■ ASSIGNED TASK: Return exactly the lines of the records below, starting at the line that contains "cold_miss : cache_hit" and ending at the line that contains "one_range 0x100 4 k", with both of those lines kept.

■ SUPPLIED MATERIAL:
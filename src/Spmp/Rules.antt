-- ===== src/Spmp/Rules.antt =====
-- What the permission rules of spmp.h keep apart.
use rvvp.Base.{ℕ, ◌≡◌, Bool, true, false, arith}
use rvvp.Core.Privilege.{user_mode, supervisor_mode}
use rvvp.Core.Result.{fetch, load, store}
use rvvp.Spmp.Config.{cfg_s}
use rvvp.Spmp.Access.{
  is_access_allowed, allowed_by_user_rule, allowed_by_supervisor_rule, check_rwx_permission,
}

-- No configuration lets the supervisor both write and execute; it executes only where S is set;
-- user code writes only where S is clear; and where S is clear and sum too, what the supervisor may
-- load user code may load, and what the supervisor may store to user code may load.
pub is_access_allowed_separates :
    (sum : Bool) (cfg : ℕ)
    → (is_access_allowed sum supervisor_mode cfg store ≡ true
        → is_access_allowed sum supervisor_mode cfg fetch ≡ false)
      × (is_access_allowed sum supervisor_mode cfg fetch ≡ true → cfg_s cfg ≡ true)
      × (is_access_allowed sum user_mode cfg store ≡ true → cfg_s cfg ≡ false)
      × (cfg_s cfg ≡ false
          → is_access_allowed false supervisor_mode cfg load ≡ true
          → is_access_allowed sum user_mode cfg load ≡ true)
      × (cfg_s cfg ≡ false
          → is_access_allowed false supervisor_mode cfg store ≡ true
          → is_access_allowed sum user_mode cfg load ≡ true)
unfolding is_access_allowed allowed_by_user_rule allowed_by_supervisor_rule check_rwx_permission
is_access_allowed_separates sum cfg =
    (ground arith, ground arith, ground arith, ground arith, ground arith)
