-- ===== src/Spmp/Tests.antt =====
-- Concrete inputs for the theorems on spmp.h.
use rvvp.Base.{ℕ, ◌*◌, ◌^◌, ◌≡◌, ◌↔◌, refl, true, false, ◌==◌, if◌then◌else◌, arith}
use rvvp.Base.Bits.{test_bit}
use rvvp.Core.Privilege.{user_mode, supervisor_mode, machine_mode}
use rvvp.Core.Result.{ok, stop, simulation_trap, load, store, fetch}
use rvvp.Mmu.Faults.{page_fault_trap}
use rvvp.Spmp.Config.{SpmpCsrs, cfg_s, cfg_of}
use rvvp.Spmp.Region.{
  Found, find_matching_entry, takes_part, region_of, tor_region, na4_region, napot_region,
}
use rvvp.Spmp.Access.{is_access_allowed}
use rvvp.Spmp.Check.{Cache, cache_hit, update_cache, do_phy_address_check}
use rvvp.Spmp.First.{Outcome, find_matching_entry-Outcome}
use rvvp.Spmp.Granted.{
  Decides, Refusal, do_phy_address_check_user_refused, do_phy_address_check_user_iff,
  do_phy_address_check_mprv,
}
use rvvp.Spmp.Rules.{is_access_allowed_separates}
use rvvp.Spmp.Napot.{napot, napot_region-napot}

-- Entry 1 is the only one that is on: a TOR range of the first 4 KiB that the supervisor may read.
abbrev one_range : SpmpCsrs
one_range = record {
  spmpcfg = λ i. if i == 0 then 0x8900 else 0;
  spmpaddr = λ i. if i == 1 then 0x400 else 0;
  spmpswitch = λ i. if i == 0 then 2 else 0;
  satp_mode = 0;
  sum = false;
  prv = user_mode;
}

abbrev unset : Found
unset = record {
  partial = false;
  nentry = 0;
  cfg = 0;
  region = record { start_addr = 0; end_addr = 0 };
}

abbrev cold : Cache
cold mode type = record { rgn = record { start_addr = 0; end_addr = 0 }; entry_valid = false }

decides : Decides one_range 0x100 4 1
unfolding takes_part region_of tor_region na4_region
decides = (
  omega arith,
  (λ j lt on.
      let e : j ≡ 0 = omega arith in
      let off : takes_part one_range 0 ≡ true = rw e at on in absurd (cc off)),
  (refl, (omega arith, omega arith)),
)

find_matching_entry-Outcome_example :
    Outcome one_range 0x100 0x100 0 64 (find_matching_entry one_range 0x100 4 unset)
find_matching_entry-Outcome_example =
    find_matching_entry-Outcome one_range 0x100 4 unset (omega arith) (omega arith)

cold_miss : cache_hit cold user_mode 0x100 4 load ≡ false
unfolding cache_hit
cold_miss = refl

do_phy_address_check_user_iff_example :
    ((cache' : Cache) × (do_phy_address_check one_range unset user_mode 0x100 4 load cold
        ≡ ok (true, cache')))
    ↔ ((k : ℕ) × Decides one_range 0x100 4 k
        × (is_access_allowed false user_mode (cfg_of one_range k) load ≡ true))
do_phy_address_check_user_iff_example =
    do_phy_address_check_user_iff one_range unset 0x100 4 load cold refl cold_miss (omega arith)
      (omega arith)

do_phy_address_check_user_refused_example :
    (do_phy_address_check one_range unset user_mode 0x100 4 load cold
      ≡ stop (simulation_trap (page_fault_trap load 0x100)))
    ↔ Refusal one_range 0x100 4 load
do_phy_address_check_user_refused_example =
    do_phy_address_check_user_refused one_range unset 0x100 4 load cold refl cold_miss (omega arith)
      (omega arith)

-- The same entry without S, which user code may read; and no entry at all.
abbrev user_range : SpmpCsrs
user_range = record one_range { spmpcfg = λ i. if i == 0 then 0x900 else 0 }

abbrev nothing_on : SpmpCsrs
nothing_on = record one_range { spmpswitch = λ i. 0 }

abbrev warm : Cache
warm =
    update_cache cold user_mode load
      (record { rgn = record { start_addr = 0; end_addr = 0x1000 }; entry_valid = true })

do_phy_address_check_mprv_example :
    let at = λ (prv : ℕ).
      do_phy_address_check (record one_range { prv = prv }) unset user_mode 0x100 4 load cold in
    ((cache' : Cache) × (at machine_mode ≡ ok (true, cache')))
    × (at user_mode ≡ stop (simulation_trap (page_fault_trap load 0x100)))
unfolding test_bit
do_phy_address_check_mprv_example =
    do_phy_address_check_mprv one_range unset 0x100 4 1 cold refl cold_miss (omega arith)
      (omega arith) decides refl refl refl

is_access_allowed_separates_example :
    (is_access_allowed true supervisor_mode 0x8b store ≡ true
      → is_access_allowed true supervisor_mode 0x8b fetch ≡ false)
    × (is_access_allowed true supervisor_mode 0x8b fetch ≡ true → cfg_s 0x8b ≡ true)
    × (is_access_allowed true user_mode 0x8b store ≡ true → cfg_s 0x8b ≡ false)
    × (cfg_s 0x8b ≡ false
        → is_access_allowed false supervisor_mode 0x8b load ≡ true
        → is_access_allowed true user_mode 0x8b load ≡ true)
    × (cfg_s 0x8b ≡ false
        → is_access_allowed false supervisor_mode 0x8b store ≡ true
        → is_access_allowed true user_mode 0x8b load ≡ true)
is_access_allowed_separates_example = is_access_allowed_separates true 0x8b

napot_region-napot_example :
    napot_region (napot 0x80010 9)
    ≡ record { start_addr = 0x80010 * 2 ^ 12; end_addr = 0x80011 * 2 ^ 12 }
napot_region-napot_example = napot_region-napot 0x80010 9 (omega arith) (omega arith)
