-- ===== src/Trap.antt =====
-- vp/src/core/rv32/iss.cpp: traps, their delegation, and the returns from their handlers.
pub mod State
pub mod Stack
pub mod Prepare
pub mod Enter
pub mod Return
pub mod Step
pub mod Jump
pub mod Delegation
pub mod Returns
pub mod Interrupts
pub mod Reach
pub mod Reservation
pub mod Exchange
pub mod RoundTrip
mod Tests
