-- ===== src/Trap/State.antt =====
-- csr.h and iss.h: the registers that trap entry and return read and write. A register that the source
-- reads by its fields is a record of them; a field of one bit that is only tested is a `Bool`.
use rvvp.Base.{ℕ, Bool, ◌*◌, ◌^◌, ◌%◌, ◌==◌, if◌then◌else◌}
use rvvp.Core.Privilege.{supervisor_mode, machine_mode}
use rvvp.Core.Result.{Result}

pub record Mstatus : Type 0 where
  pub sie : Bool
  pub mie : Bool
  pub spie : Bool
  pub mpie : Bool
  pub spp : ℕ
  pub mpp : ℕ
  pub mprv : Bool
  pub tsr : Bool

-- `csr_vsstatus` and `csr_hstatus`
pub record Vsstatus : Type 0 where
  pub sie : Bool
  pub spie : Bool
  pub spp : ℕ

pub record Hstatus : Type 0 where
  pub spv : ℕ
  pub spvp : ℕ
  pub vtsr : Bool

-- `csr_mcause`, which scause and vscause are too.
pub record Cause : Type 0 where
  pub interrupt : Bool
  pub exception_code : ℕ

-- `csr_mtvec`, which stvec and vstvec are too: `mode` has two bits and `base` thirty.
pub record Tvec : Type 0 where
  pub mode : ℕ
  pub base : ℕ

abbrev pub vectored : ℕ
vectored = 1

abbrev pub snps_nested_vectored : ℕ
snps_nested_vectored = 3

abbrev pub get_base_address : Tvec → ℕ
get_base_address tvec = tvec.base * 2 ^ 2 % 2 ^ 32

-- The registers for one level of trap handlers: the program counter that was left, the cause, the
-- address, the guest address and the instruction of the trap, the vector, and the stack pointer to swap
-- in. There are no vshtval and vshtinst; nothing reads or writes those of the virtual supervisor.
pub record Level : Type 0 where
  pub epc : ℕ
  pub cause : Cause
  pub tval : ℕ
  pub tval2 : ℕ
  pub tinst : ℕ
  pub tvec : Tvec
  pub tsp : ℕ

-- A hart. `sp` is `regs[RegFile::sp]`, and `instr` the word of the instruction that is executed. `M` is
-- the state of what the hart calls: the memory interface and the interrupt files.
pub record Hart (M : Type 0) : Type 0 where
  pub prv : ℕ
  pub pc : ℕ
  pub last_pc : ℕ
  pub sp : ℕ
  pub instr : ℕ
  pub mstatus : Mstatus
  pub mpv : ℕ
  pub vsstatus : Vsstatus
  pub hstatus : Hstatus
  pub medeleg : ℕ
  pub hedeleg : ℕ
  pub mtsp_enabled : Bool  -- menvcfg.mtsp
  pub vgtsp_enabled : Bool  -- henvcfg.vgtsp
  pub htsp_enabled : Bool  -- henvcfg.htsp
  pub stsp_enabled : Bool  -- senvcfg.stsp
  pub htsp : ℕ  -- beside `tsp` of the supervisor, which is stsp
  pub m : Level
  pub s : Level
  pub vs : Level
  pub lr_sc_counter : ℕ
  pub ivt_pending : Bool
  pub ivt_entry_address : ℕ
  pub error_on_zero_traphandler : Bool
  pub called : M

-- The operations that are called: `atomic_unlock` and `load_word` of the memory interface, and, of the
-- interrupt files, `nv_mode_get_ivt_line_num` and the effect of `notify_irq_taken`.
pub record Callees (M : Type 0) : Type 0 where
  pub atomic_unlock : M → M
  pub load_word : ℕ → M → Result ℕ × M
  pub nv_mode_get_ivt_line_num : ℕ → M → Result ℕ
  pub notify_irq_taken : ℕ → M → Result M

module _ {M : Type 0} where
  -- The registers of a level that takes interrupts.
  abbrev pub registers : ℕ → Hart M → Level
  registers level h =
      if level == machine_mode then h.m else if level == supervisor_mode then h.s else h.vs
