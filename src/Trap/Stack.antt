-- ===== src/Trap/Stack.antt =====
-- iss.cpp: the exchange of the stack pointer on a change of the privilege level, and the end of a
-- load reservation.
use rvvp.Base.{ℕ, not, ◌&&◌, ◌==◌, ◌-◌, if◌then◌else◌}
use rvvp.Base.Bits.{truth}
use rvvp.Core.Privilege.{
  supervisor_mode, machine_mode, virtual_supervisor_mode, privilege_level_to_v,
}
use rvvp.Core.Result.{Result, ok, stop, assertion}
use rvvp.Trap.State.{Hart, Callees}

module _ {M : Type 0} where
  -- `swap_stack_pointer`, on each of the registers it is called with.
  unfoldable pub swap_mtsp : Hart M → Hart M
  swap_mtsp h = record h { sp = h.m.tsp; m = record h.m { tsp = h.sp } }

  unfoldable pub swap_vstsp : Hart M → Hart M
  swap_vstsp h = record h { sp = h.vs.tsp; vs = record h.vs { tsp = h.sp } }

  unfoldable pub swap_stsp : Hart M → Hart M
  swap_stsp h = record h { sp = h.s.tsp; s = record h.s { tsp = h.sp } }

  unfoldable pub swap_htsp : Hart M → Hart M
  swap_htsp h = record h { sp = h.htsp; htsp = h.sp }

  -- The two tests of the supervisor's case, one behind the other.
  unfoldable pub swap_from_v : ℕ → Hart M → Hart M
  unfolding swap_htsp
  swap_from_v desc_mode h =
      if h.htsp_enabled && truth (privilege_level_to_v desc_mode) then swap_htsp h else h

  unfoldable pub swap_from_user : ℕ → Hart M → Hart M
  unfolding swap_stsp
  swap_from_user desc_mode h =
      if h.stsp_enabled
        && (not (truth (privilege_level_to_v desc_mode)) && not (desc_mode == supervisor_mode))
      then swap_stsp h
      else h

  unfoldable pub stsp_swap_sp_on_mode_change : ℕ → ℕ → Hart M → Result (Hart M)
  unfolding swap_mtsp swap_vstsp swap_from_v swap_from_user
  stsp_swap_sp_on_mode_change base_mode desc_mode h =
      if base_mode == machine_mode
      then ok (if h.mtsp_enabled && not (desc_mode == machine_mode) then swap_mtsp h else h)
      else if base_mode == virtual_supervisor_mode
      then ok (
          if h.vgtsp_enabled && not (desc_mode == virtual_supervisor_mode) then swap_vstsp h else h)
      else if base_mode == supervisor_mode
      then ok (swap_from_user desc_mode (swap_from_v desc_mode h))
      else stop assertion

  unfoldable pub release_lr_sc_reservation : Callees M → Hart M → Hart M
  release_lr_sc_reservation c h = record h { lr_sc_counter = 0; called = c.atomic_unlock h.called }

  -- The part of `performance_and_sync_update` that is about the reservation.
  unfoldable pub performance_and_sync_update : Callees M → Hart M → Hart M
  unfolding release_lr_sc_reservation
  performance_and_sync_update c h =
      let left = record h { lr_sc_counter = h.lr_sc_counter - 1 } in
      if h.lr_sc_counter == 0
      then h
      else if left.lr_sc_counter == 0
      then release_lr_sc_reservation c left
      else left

■ ANSWER SECTION:
cold_miss : cache_hit cold user_mode 0x100 4 load ≡ false
unfolding cache_hit
cold_miss = refl

do_phy_address_check_user_iff_example :
    ((cache' : Cache) × (do_phy_address_check one_range unset user_mode 0x100 4 load cold
        ≡ ok (true, cache')))
    ↔ ((k : ℕ) × Decides one_range 0x100 4 k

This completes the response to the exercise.